To the Memory of B.E.C.E (part2)

First of, I thank everyone and anyone who took time to read and comment on the article "To the Memory of B.E.C.E".  The varied comments and criticisms were enlightening. While some could relate with my experience, some gave me a critical analysis with regard to semantics, punctuation, syntax and all the elements that only a professor of English could explore in a write-up. Others spoke on the aesthetic features and confessed they enjoyed the reading so much that they had wanted more. A friend even took a quarrel with me because according to him, I left him hanging. He wanted to know what happened especially to the pregnant girl. ( well my friend, she gave birth to a baby. I'm sure it was either a boy or a girl. Lol. And they lived however best they could ever after). In whatever package your comments came, I appreciate it.

Let me state here, before I get onto the concern for which I came here to write, that I did not intentionally end on the pregnant girl to the effect that it should create a sort of suspense, no. I had intended to go on memory lane to write, as much as I can recall, the feelings and events prior to the time I wrote my Basic Education Certificate Examination. Mind you, it was a trip through memory lane and that was how far my memory will serve me. So please bear with me.

Now, I am here to put out my thoughts on the leakage of BECE questions that led to the cancellation of about 5 papers in this years exams. I thought this year's leakage was going to make it to the Guiness Book of Records, until a friend who wrote his BECE in 2002, recounted his experienceto me in an interview waiting room.

More than a decade and three years ago, Mr. F wrote his BECE and according to him, what happened this June 2015 is nowhere close to what occurred in  his time. He told me to my utter disbelief that in April 2002, every single subject with the exception of French and Ghanaian language, was cancelled. They heard the news about a week after their last paper. By then, the over-joyed graduates had torn their uniforms into irrecognizable pieces. They were so sure they had "mudered" the exams and already made their A's that some had foolishly thrown their text books into the air like mortarboards and cared not the least for how or where it landed  Fortunately, they were given a month to recuperate from the "heartbreak" and sudden depression. In the first week of July they went back to their various halls where they proved themselves once again and hopefully this time, everyone will reap what they had really sowed. Mr. F called it their 2nd world war

So, if indeed this sort of conduct towards final exams has been in existence since 2002,and could recur in 2015, I wonder what sort of people are put in our state intitutions and tasked with overseeing the Education of Ghanaians. I am forced to ask if they care at all about the future? And if next year something like this should happen during WASSCE or BECE, we are failing, if not failed, as a nation.

I read somewhere that teachers are like doctors, the students are the patients and the classroom is the operating room. How and what they teach must be done with the utmost diligence.

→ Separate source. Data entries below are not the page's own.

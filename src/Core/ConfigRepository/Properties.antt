-- ===== src/Core/ConfigRepository/Properties.antt =====
-- What a property reads after a change of the configuration.
use sprintframework.Common.{◌≡◌, ◌≢◌, refl, ◌∙◌, arith, [], Option, none, some}
use sprintframework.Common.{
  Bytes, ◌==◌, bytes_eq, if◌then◌else◌, Result, ok, err, inl, inr, Option-cases, IsErr, ◌⊎◌,
}
use sprintframework.Core.Store.{Store, IsLawful}
use sprintframework.Core.ConfigRepository.{
  Repository, raw_key, get, get_property, set, do_set, lift_error,
}
use sprintframework.Core.ConfigRepository.Keys.{eq-raw_key}

module _ (S : Store) (L : IsLawful S) where
  -- What `GetProperty` makes of a reading of the store.
  abbrev shown : Result S.Error Bytes → Option Bytes
  shown (err e) = none
  shown (ok value) = if value == [] then none else some value

  abbrev pub stored : S.State → Bytes → Bytes → Option S.Error × S.State
  stored s key value = if value == [] then S.remove s (raw_key key) else S.set s (raw_key key) value

  get_property_of_store :
      (u : Repository S) (s : S.State) (j : Bytes)
      → u.store ≡ some s
      → get_property S u j ≡ (if u.shutting_down then none else shown (S.get s (raw_key j)))
  unfolding get_property get
  get_property_of_store u s j e = ground arith

  shown_missing : shown L.missing ≡ none
  shown_missing = shown_of_empty L.missing L.missing_empty
    where
      shown_of_empty : (r : Result S.Error Bytes) → IsErr r ⊎ (r ≡ ok []) → shown r ≡ none
      shown_of_empty (err e) h = refl
      shown_of_empty (ok value) (inl h) = absurd h
      shown_of_empty (ok value) (inr h) = ground arith

  shown-stored :
      (s : S.State) (key value j : Bytes)
      → (stored s key value).0 ≡ none
      → shown (S.get (stored s key value).1 (raw_key j)) ≡ (
          if j == key
          then if value == [] then none else some value
          else shown (S.get s (raw_key j)))
  shown-stored s key value j h = ground (
    arith,
    L.get-remove s (raw_key key) (raw_key j),
    L.get-set s (raw_key key) value (raw_key j),
    eq-raw_key j key,
    shown_missing,
  )

  -- The store of the repository behind a successful `Set`.
  pub set_of_store :
      (t : Repository S) (s : S.State) (key value : Bytes)
      → t.store ≡ some s
      → (set S t key value).0 ≡ none
      → ((stored s key value).0 ≡ none)
        × ((set S t key value).1.store ≡ some (stored s key value).1)
        × ((set S t key value).1.shutting_down ≡ t.shutting_down)
  unfolding set do_set
  set_of_store t s key value e h = ground arith

  get_stored :
      (s : S.State) (key value : Bytes)
      → value ≢ []
      → (stored s key value).0 ≡ none
      → S.get (stored s key value).1 (raw_key key) ≡ ok value
  get_stored s key value ne h = ground (arith, L.get-set s (raw_key key) value (raw_key key))

  set_of_nil :
      (t : Repository S) (key value : Bytes) → t.store ≡ none → (set S t key value).0 ≢ none
  unfolding set do_set
  set_of_nil t key value e = ground arith

  -- After a successful `Set` a key reads its new value, or nothing if that is empty or the
  -- repository is shutting down, and every other key reads what it read before.
  pub get_property-set :
      (t : Repository S) (key value j : Bytes)
      → (set S t key value).0 ≡ none
      → get_property S (set S t key value).1 j ≡ (
          if j == key
          then if t.shutting_down then none else if value == [] then none else some value
          else get_property S t j)
  get_property-set t key value j h = elim (Option-cases t.store) [
    | inl e ↦ absurd (set_of_nil t key value e h)
    | inr (s, e) ↦
        let (ok_store, store_eq, down_eq) = set_of_store t s key value e h in
        rw
          (
            get_property_of_store (set S t key value).1 _ j store_eq,
            get_property_of_store t s j e,
            down_eq,
          )
          (rw (shown-stored s key value j ok_store) (ground arith))
  ]

  lifted : (r : Result S.Error Bytes) {v : Bytes} → r ≡ ok v → lift_error S r ≡ ok v
  unfolding lift_error
  lifted (ok a) h = cc
  lifted (err e) h = cc

  get_of_store :
      (u : Repository S) (s : S.State) (key : Bytes)
      → u.store ≡ some s
      → get S u key ≡ lift_error S (S.get s (raw_key key))
  unfolding get
  get_of_store u s key e = ground arith

  -- A value that is not empty reads back.
  pub get-set :
      (t : Repository S) (key value : Bytes)
      → value ≢ []
      → (set S t key value).0 ≡ none
      → get S (set S t key value).1 key ≡ ok value
  get-set t key value ne h = elim (Option-cases t.store) [
    | inl e ↦ absurd (set_of_nil t key value e h)
    | inr (s, e) ↦
        let (ok_store, store_eq, down_eq) = set_of_store t s key value e h in
        get_of_store _ _ key store_eq ∙ lifted _ (get_stored s key value ne ok_store)
  ]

These young ones are the future of Ghana and yet what do we teach them? That hardwork and doing the right things don't matter anymore? That they should cheat their way through life and that honesty isn't necessary? Shame on those that call themselves teachers and yet condone this "ap) kronkron" lifestyle so that their students will pass despite their laziness. What sort of humans are we grooming to lead Ghana? If you are a teacher reading this article, I plead with you, for the sake of tomorrows Ghana teach your students more than just photosynthesis, linear equations and comprehension. Let them come out of school as leaders with the confidence to achieve whatever dreams they envisage.

If u teach them to cheat today, they will wear mask tomorrow, take up arms, break into your home, rob u of your spouse and turn u into a widow(er)
Let's make the right choice today for tomorrow.

Finaly, I throw a challenge to WAEC, GES and all institutions that are stakeholders in the education of Ghanaians to see to it that this act discontinues. Thank you.